- Records for the task -
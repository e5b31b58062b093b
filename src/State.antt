-- ===== src/State.antt =====
-- src/state.py: the balance ledger, the nonces and the emission. A method that mutates returns the
-- new state; where it raises, its caller drops the copy that it worked on, so no state comes back.
pub mod Ledger
pub mod Apply
pub mod Mint
pub mod Dirty
pub mod Accept
pub mod Balance
use lapsecoin.Prelude.{
  ℕ, suc, ◌+◌, ◌-◌, ◌*◌, ◌/◌, String, Bool, true, false, ◌||◌, Option, none, some, List, [], ◌∷◌,
  ◌++◌, map, str_eq, leb, ◌==◌, if◌then◌else◌,
}
use lapsecoin.Prelude.Int.{ℤ, pos, pos_part, ◌+ℤ◌, leb_ℤ, ltb_ℤ}
use lapsecoin.Prelude.Result.{Result, ok, raised, value_error, ◌>>=◌}
use lapsecoin.Params.{supply_cap, emission_decay_numerator, emission_decay_denominator}
use lapsecoin.Dict.{Dict, lookup, insert, erase}
use lapsecoin.Json.{Json, Items, nil, cons, Fields, index, as_int, as_str, subscript}
use lapsecoin.Tx.{addr_of, amount_of, is_board_post, sum_amounts, sender, outputs, int_field}
use lapsecoin.Tx.Validate.{LedgerView}

-- `max(0, SUPPLY_CAP - total_minted)`
unfoldable pub compute_can_mint : ℕ → ℕ
compute_can_mint total_minted = supply_cap - total_minted

unfoldable pub compute_reward : ℕ → ℕ
unfolding compute_can_mint
compute_reward total_minted =
    compute_can_mint total_minted * emission_decay_numerator / emission_decay_denominator

-- A nonce may be any integer that a persisted table holds; balances are naturals, since `credit` and
-- `debit` refuse every other amount. `dirty` is a set: the order and the copies do not count.
pub record State : Type 0 where
  pub balances : Dict ℕ
  pub nonces : Dict ℤ
  pub total_minted : ℕ
  pub total_board_posts : ℕ
  pub dirty : List String

abbrev pub empty : State
empty = record { balances = []; nonces = []; total_minted = 0; total_board_posts = 0; dirty = [] }

abbrev pub get_or {ℓ} : {A : Type ℓ} → Option A → A → A
get_or none d = d
get_or (some a) d = a

-- `self._balances.get(addr, 0)`
abbrev pub get_balance : State → String → ℕ
get_balance s addr = get_or (lookup addr s.balances) 0

abbrev pub get_nonce : State → String → ℤ
get_nonce s addr = get_or (lookup addr s.nonces) (pos 0)

-- `addr in self._dirty`
abbrev pub is_dirty : String → List String → Bool
is_dirty addr [] = false
is_dirty addr (a ∷ rest) = str_eq a addr || is_dirty addr rest

unfoldable pub get_all_balances : State → List ℕ
get_all_balances s = map (λ e. e.1) s.balances

unfoldable pub credit : String → ℤ → State → Result State
credit addr amount s =
    if leb_ℤ amount (pos 0)
    then raised value_error
    else ok (record s {
      balances = insert addr (get_balance s addr + pos_part amount) s.balances;
      dirty = addr ∷ s.dirty;
    })

-- A balance that reaches 0 is removed, not stored.
abbrev pub settle : String → ℕ → Dict ℕ → Dict ℕ
settle addr remaining d = if remaining == 0 then erase addr d else insert addr remaining d

unfoldable pub debit : String → ℤ → State → Result State
debit addr amount s =
    if leb_ℤ amount (pos 0)
    then raised value_error
    else if ltb_ℤ (pos (get_balance s addr)) amount
    then raised value_error
    else ok (record s {
      balances = settle addr (get_balance s addr - pos_part amount) s.balances;
      dirty = addr ∷ s.dirty;
    })

unfoldable pub set_nonce : String → ℤ → State → State
set_nonce addr nonce s = record s { nonces = insert addr nonce s.nonces; dirty = addr ∷ s.dirty }

unfoldable pub mark_persisted : State → State
mark_persisted s = record s { dirty = [] }

-- `for out in tx_dict["outputs"]: self.credit(out["to"], out["amount"])`
unfoldable pub credit_outputs : Items → State → Result State
credit_outputs nil s = ok s
credit_outputs (cons out os) s = do
  addr ← addr_of out
  amount ← amount_of out
  s' ← credit addr amount s
  credit_outputs os s'

abbrev pub count_post : Bool → State → State
count_post true s = record s { total_board_posts = suc s.total_board_posts }
count_post false s = s

unfoldable pub apply_tx : Fields → State → Result State
apply_tx tx s = do
  from ← sender tx
  os ← outputs tx
  total_out ← sum_amounts os
  fee ← int_field "fee" tx
  debited ← debit from (total_out +ℤ fee) s
  credited ← credit_outputs os debited
  nonce ← int_field "nonce" tx
  post ← is_board_post tx
  ok (count_post post (set_nonce from nonce credited))

unfoldable pub compute_block_reward : State → ℕ
unfolding compute_reward
compute_block_reward s = compute_reward s.total_minted

-- One pair of a distribution: what is below one tick is skipped.
unfoldable pub mint_to : String → ℤ → State → Result State
mint_to addr amount s =
    if leb_ℤ (pos 1) amount
    then (do
      s' ← credit addr amount s
      ok (record s' { total_minted = s'.total_minted + pos_part amount }))
    else ok s

unfoldable pub apply_reward_distribution : List (String × ℤ) → State → Result State
unfolding mint_to
apply_reward_distribution [] s = ok s
apply_reward_distribution ((addr, amount) ∷ rest) s = do
  s' ← mint_to addr amount s
  apply_reward_distribution rest s'

-- `{addr: bal for addr, bal in balances.items() if bal}`
unfoldable pub drop_zeros : Dict ℕ → Dict ℕ
drop_zeros [] = []
drop_zeros ((addr, bal) ∷ d) =
    let rest = drop_zeros d in if bal == 0 then rest else (addr, bal) ∷ rest

unfoldable pub from_snapshot : Dict ℕ → Dict ℤ → ℕ → ℕ → State
unfolding drop_zeros
from_snapshot balances nonces total_minted total_board_posts = record {
  balances = drop_zeros balances;
  nonces = nonces;
  total_minted = total_minted;
  total_board_posts = total_board_posts;
  dirty = [];
}

-- What `tx.validate` reads of a state.
abbrev pub view : State → LedgerView
view s = record {
  get_balance = get_balance s;
  get_nonce = get_nonce s;
  total_board_posts = s.total_board_posts;
}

- Exercise directions -
Give the data again, exactly as written.

- Result for this exercise -
repository e5b31b58062b093b
filename src/State.antt
-- ===== src/State.antt =====
-- src/state.py: the balance ledger, the nonces and the emission. A method that mutates returns the
-- new state; where it raises, its caller drops the copy that it worked on, so no state comes back.
pub mod Ledger
pub mod Apply
pub mod Mint
pub mod Dirty
pub mod Accept
pub mod Balance
use lapsecoin.Prelude.{
  ℕ, suc, ◌+◌, ◌-◌, ◌*◌, ◌/◌, String, Bool, true, false, ◌||◌, Option, none, some, List, [], ◌∷◌,
  ◌++◌, map, str_eq, leb, ◌==◌, if◌then◌else◌,
}
use lapsecoin.Prelude.Int.{ℤ, pos, pos_part, ◌+ℤ◌, leb_ℤ, ltb_ℤ}
use lapsecoin.Prelude.Result.{Result, ok, raised, value_error, ◌>>=◌}
use lapsecoin.Params.{supply_cap, emission_decay_numerator, emission_decay_denominator}
use lapsecoin.Dict.{Dict, lookup, insert, erase}
use lapsecoin.Json.{Json, Items, nil, cons, Fields, index, as_int, as_str, subscript}
use lapsecoin.Tx.{addr_of, amount_of, is_board_post, sum_amounts, sender, outputs, int_field}
use lapsecoin.Tx.Validate.{LedgerView}

-- `max(0, SUPPLY_CAP - total_minted)`
unfoldable pub compute_can_mint : ℕ → ℕ
compute_can_mint total_minted = supply_cap - total_minted

unfoldable pub compute_reward : ℕ → ℕ
unfolding compute_can_mint
compute_reward total_minted =
    compute_can_mint total_minted * emission_decay_numerator / emission_decay_denominator

-- A nonce may be any integer that a persisted table holds; balances are naturals, since `credit` and
-- `debit` refuse every other amount. `dirty` is a set: the order and the copies do not count.
pub record State : Type 0 where
  pub balances : Dict ℕ
  pub nonces : Dict ℤ
  pub total_minted : ℕ
  pub total_board_posts : ℕ
  pub dirty : List String

abbrev pub empty : State
empty = record { balances = []; nonces = []; total_minted = 0; total_board_posts = 0; dirty = [] }

abbrev pub get_or {ℓ} : {A : Type ℓ} → Option A → A → A
get_or none d = d
get_or (some a) d = a

-- `self._balances.get(addr, 0)`
abbrev pub get_balance : State → String → ℕ
get_balance s addr = get_or (lookup addr s.balances) 0

abbrev pub get_nonce : State → String → ℤ
get_nonce s addr = get_or (lookup addr s.nonces) (pos 0)

-- `addr in self._dirty`
abbrev pub is_dirty : String → List String → Bool
is_dirty addr [] = false
is_dirty addr (a ∷ rest) = str_eq a addr || is_dirty addr rest

unfoldable pub get_all_balances : State → List ℕ
get_all_balances s = map (λ e. e.1) s.balances

unfoldable pub credit : String → ℤ → State → Result State
credit addr amount s =
    if leb_ℤ amount (pos 0)
    then raised value_error
    else ok (record s {
      balances = insert addr (get_balance s addr + pos_part amount) s.balances;
      dirty = addr ∷ s.dirty;
    })

-- A balance that reaches 0 is removed, not stored.
abbrev pub settle : String → ℕ → Dict ℕ → Dict ℕ
settle addr remaining d = if remaining == 0 then erase addr d else insert addr remaining d

unfoldable pub debit : String → ℤ → State → Result State
debit addr amount s =
    if leb_ℤ amount (pos 0)
    then raised value_error
    else if ltb_ℤ (pos (get_balance s addr)) amount
    then raised value_error
    else ok (record s {
      balances = settle addr (get_balance s addr - pos_part amount) s.balances;
      dirty = addr ∷ s.dirty;
    })

unfoldable pub set_nonce : String → ℤ → State → State
set_nonce addr nonce s = record s { nonces = insert addr nonce s.nonces; dirty = addr ∷ s.dirty }

unfoldable pub mark_persisted : State → State
mark_persisted s = record s { dirty = [] }

-- `for out in tx_dict["outputs"]: self.credit(out["to"], out["amount"])`
unfoldable pub credit_outputs : Items → State → Result State
credit_outputs nil s = ok s
credit_outputs (cons out os) s = do
  addr ← addr_of out
  amount ← amount_of out
  s' ← credit addr amount s
  credit_outputs os s'

abbrev pub count_post : Bool → State → State
count_post true s = record s { total_board_posts = suc s.total_board_posts }
count_post false s = s

unfoldable pub apply_tx : Fields → State → Result State
apply_tx tx s = do
  from ← sender tx
  os ← outputs tx
  total_out ← sum_amounts os
  fee ← int_field "fee" tx
  debited ← debit from (total_out +ℤ fee) s
  credited ← credit_outputs os debited
  nonce ← int_field "nonce" tx
  post ← is_board_post tx
  ok (count_post post (set_nonce from nonce credited))

unfoldable pub compute_block_reward : State → ℕ
unfolding compute_reward
compute_block_reward s = compute_reward s.total_minted

-- One pair of a distribution: what is below one tick is skipped.
unfoldable pub mint_to : String → ℤ → State → Result State
mint_to addr amount s =
    if leb_ℤ (pos 1) amount
    then (do
      s' ← credit addr amount s
      ok (record s' { total_minted = s'.total_minted + pos_part amount }))
    else ok s

unfoldable pub apply_reward_distribution : List (String × ℤ) → State → Result State
unfolding mint_to
apply_reward_distribution [] s = ok s
apply_reward_distribution ((addr, amount) ∷ rest) s = do
  s' ← mint_to addr amount s
  apply_reward_distribution rest s'

-- `{addr: bal for addr, bal in balances.items() if bal}`
unfoldable pub drop_zeros : Dict ℕ → Dict ℕ
drop_zeros [] = []
drop_zeros ((addr, bal) ∷ d) =
    let rest = drop_zeros d in if bal == 0 then rest else (addr, bal) ∷ rest

unfoldable pub from_snapshot : Dict ℕ → Dict ℤ → ℕ → ℕ → State
unfolding drop_zeros
from_snapshot balances nonces total_minted total_board_posts = record {
  balances = drop_zeros balances;
  nonces = nonces;
  total_minted = total_minted;
  total_board_posts = total_board_posts;
  dirty = [];
}

-- What `tx.validate` reads of a state.
abbrev pub view : State → LedgerView
view s = record {
  get_balance = get_balance s;
  get_nonce = get_nonce s;
  total_board_posts = s.total_board_posts;
}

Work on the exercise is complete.